When we did that too quickly, we saw that it produced anxiety in these perfectly housebroken little fellows. They reverted to some anti-social behavior, making their mark on some of our prize furniture in an endeavor to create a safe place, familiar to them.
True freedom does not mean that “anything goes.”
Anything does not go!
Remember the woman we talked about last week who was puzzled by this series in Galatians? For her, Christian faith was defined by her endeavor to obey the Ten Commandments and to live by The Golden Rule. All this talk about living under grace, not Law, became confusing. Her response was, “So I don’t have to obey the Bible? I can just go out and commit adultery? It doesn’t make any difference?”
No. You see, that’s the old nature at work in which we don’t quite know how to handle the freedom that is ours in Jesus Christ. In some ways, we are more content to be surrounded by a fence of “do’s and don’ts.” Set us free to roam, randomly, in a much larger environment, and we become inclined to mess up and be counterproductive in what the Bible calls “sinful ways.”
All through this book of Galatians we have been confronted with the term “circumcision.”

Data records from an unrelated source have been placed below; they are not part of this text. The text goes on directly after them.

-- ===== src/Daemon/Requests.antt =====
-- The requests of src/daemon.rs, by `handle`, and the streams of `serve_subscribe`.
pub mod Trusted
pub mod Failures
use agent_mqtt_chat.Files.{trust_from}
use agent_mqtt_chat.Base.{
  ℕ, Bytes, Text, lit, text_eq, ◌==◌, ℤ, Bool, true, false, not, ◌&&◌, ◌||◌, List, [], ◌∷◌, ◌++◌,
  map, length, Option, none, some, Result, ok, err, ◌>>=◌, ◌>>◌, reject_if, is_some, TextMap,
  lookup, remove, decimal, if◌then◌else◌,
}
use agent_mqtt_chat.External.{Env}
use agent_mqtt_chat.Errors.{Error, config_error, RejectReason}
use agent_mqtt_chat.Errors.Display.{error_text, reason_text}
use agent_mqtt_chat.Wire.Types.{Inner, Wrapper}
use agent_mqtt_chat.Wire.Kid.{fingerprint}
use agent_mqtt_chat.Wire.Codec.{to_bytes}
use agent_mqtt_chat.Config.{Config, is_connectable}
use agent_mqtt_chat.Trust
use agent_mqtt_chat.Trust.{TrustStore, add_with_kem}
use agent_mqtt_chat.Store.Types.{Db, StoredMsg}
use agent_mqtt_chat.Store.Messages.{
  get_message, browse, transcript, outbound_receipts, message_count,
}
use agent_mqtt_chat.Store.Queue
use agent_mqtt_chat.Store.Queue.{read_after_cursor, consumers}
use agent_mqtt_chat.Store.Outbox.{enqueue_outbound, pending_outbound}
use agent_mqtt_chat.Store.Diagnostics.{list_rejections, rejection_count}
use agent_mqtt_chat.Store.Presence.{list_presence}
use agent_mqtt_chat.Message.Build.{build_pair}
use agent_mqtt_chat.Mqtt.{MqttOptions, session_options}
use agent_mqtt_chat.Ipc.{
  Request, Response, SendParams, StatusInfo, PendingPairView, StreamFrame, message, lagged, pong,
  done, status_is, hello_is, messages, rejections_are, consumers_are, presence_is, pairs, failure,
  ipc_proto_version,
}
use agent_mqtt_chat.Daemon.State.{
  Daemon, Moment, PendingPair, config_of, trust_of, with_db, is_connected,
}
use agent_mqtt_chat.Daemon.Outgoing.{
  send, reply, presence, maybe_read_receipt, choose_topic, outbound, publish_on,
}

-- (Re)connect the broker session.
abbrev pub started : Daemon → Result Error MqttOptions → Daemon × Response
started d (ok opts) = (record d { mqtt = some false }, done)
started d (err e) = (d, failure (error_text e))

abbrev pub client_id : Moment → Daemon → Text
client_id at d = d.identity.name ++ lit "-" ++ decimal at.pid

abbrev pub start_session : Moment → Daemon → Result Error Config → Daemon × Response
start_session at d (err e) = (d, failure (error_text e))
start_session at d (ok cfg) =
    if is_connectable cfg then started d (session_options cfg (client_id at d)) else (
      d,
      failure (
          error_text
            (config_error (lit "broker host, credentials and at least one topic must be set"))),
    )

unfoldable pub connect : Moment → Daemon → Daemon × Response
connect at d = if is_some d.mqtt then (d, done) else start_session at d d.config

-- Disconnect the broker session.
unfoldable pub disconnect : Daemon → Daemon
disconnect d = record d { mqtt = none }

abbrev broker_of : Config → Text
broker_of cfg =
    if cfg.broker_host == [] then [] else cfg.broker_host ++ lit ":" ++ decimal cfg.broker_port

unfoldable pub status : Env → Daemon → StatusInfo
status env d =
    let cfg = config_of d in
    record {
      identity = some d.identity.name;
      fingerprint = some (fingerprint env d.identity.public_key);
      broker = broker_of cfg;
      connected = is_connected d;
      topics = cfg.topics;
      stored = message_count d.db;
      rejected = rejection_count d.db;
      pending_out = length (pending_outbound d.db);
      known_agents = length (Trust.list env (trust_of d));
      ipc_proto = ipc_proto_version;
      presence = list_presence d.db;
      allow_unsigned = cfg.allow_unsigned;
      accept_v1 = cfg.accept_v1;
      require_encryption = cfg.require_encryption;
      auto_receipts = cfg.auto_receipts;
    }

-- Capabilities of the handshake.
abbrev pub caps : List Text
caps =
    lit "send"
    ∷ lit "subscribe"
    ∷ lit "transcript"
    ∷ lit "rejections"
    ∷ lit "consumers"
    ∷ lit "receipts"
    ∷ lit "reply"
    ∷ lit "presence"
    ∷ lit "grants"
    ∷ lit "encryption"
    ∷ lit "unsigned"
    ∷ []

abbrev one_or_none : Option StoredMsg → List StoredMsg
one_or_none none = []
one_or_none (some m) = m ∷ []

-- Outbound delivery and read state, optionally for one id.
unfoldable pub receipts : Daemon → Option Text → ℤ → Option Text → Response
receipts d (some id) limit state = messages (one_or_none (get_message d.db id)) none
receipts d none limit state = messages (outbound_receipts d.db limit state) none

-- The hello is queued, or that fails, and published at once where the broker is up.
abbrev pub hello_queued : Moment → Daemon → Text → Text → Bytes → Option Error → Daemon × Response
hello_queued at d id topic payload (some e) = (d, failure (error_text e))
hello_queued at d id topic payload none =
    let queued = with_db d (enqueue_outbound d.db (outbound id topic payload)) in
    if is_connected d && at.publish_ok
    then (publish_on queued topic payload false, done)
    else (queued, done)

abbrev pub queue_hello :
    Env → Moment → Daemon → Text → Result RejectReason (Inner × Wrapper) → Daemon × Response
queue_hello env at d topic (err reason) = (d, failure (reason_text reason))
queue_hello env at d topic (ok (inner, w)) =
    hello_queued at d inner.id topic (to_bytes env w) at.queue_error

abbrev pub hello_on : Env → Moment → Daemon → Result Text Text → Daemon × Response
hello_on env at d (err e) = (d, failure e)
hello_on env at d (ok topic) = queue_hello env at d topic (build_pair env d.identity at.fresh)

-- Broadcast a self-signed pairing hello on the chosen or the primary topic.
unfoldable pub pair_start : Env → Moment → Daemon → Option Text → Daemon × Response
pair_start env at d topic = hello_on env at d (choose_topic (config_of d) topic)

abbrev view : Env → PendingPair → PendingPairView
view env p = record {
  name = p.name;
  fingerprint = fingerprint env p.public_key;
  sas = p.sas;
  kem = is_some p.kem_public_key;
}

-- The peers that await a confirmation, by name.
unfoldable pub pair_list : Env → Daemon → Response
pair_list env d = pairs (map (λ (entry : Text × PendingPair). view env entry.1) d.pending)

-- A save that fails may have cut the file.
abbrev pub saved_pair : Env → Moment → Daemon → TrustStore → Text → Option Error → Daemon × Response
saved_pair env at d trust name none =
    (record d { trust = ok trust; pending = remove name d.pending }, done)
saved_pair env at d trust name (some e) =
    (record d { trust = trust_from env at.torn }, failure (error_text e))

abbrev pub trust_pair :
    Env → Moment → Daemon → Text → PendingPair → Result Error TrustStore → Daemon × Response
trust_pair env at d name entry (err e) = (d, failure (error_text e))
trust_pair env at d name entry (ok trust) =
    saved_pair env at d (add_with_kem env trust entry.name entry.public_key entry.kem_public_key)
      name at.save_error

abbrev pub confirm_entry : Env → Moment → Daemon → Text → Option PendingPair → Daemon × Response
confirm_entry env at d name none = (d, failure (lit "no pending pairing for '" ++ name ++ lit "'"))
confirm_entry env at d name (some entry) = trust_pair env at d name entry d.trust

-- Confirm a pending peer into the trust store, with both its keys.
unfoldable pub pair_confirm : Env → Moment → Daemon → Text → Daemon × Response
pair_confirm env at d name = confirm_entry env at d name (lookup name d.pending)

-- Advance the cursor, and send a read receipt.
unfoldable pub acknowledge : Env → Moment → Daemon → Text → ℤ → Daemon
acknowledge env at d consumer seq =
    maybe_read_receipt env at (with_db d (Queue.ack d.db at.now_text consumer seq)) seq

abbrev pub acknowledged : Env → Moment → Daemon → Text → ℤ → Option Error → Daemon × Response
acknowledged env at d consumer seq (some e) = (d, failure (error_text e))
acknowledged env at d consumer seq none = (acknowledge env at d consumer seq, done)

-- One request; `version` is that of the build. `Shutdown` is answered and ends the process.
unfoldable pub handle : Env → Text → Moment → Daemon → Request → Daemon × Response
handle env version at d Request.ping = (d, pong)
handle env version at d Request.status = (d, status_is (status env d))
handle env version at d (Request.hello _) = (d, hello_is ipc_proto_version version caps)
handle env version at d Request.connect = connect at d
handle env version at d Request.disconnect = (disconnect d, done)
handle env version at d Request.shutdown = (d, done)
handle env version at d (Request.send p) = send env at d p
handle env version at d (Request.read consumer limit) =
    (d, messages (read_after_cursor d.db consumer limit) none)
handle env version at d (Request.ack consumer seq) = acknowledged env at d consumer seq at.ack_error
handle env version at d (Request.browse limit from to) =
    (d, messages (browse d.db limit from to (lit "in")) none)
handle env version at d (Request.transcript limit from to peer) =
    (d, messages (transcript d.db limit from to peer) none)
handle env version at d (Request.rejections limit reason since) =
    (d, rejections_are (list_rejections d.db limit reason since))
handle env version at d Request.consumers = (d, consumers_are (consumers d.db))
handle env version at d (Request.receipts id limit state) = (d, receipts d id limit state)
handle env version at d (Request.reply msg_id ctype body) = reply env at d msg_id ctype body
handle env version at d (Request.presence state ttl_secs detail) =
    presence env at d state ttl_secs detail
handle env version at d Request.presence_list = (d, presence_is (list_presence d.db))
handle env version at d (Request.pair_start topic) = pair_start env at d topic
handle env version at d Request.pair_list = (d, pair_list env d)
handle env version at d (Request.pair_confirm name) = pair_confirm env at d name
handle env version at d (Request.subscribe _ _) =
    (d, failure (lit "subscribe must be served as a stream"))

Last week brought this teaching against circumcision to a hyperbolic point making conclusion that was quite confusing. One man, who met me at the door of the church, had obviously not been exposed to some of the earlier messages in this series. With a panicked look on his face, he said, “Dr. Huffman, I am worried about what you said. I am circumcised. Is there something wrong with that?” With his wife, standing at his side, equally perplexed, I tried to get across the bottom-line point that Paul is making. No, there is nothing wrong with circumcision. Physical circumcision, even to this day, is viewed as something very positive in terms of hygiene, even in the most secular, non-religious world. In the Jewish religion, it is a very important ritual act, to be carried out on all Jewish male children on the eighth day, so that they bear on their body a sign that they are Jewish.
What Paul is saying is that a Gentile adult male does not have to become a circumcised Jew prior to qualifying for salvation through Jesus Christ. Paul is heartbroken that a little group of false-teaching, Jewish-Christian zealots, who were following him everywhere he went in his missionary journeys, were trying to reverse his message of salvation through faith in Jesus Christ alone. They were trying to reconvert these new Gentile believers to a highly sectarian Jewish/Christian sect. They were demanding that adult Gentile males be circumcised.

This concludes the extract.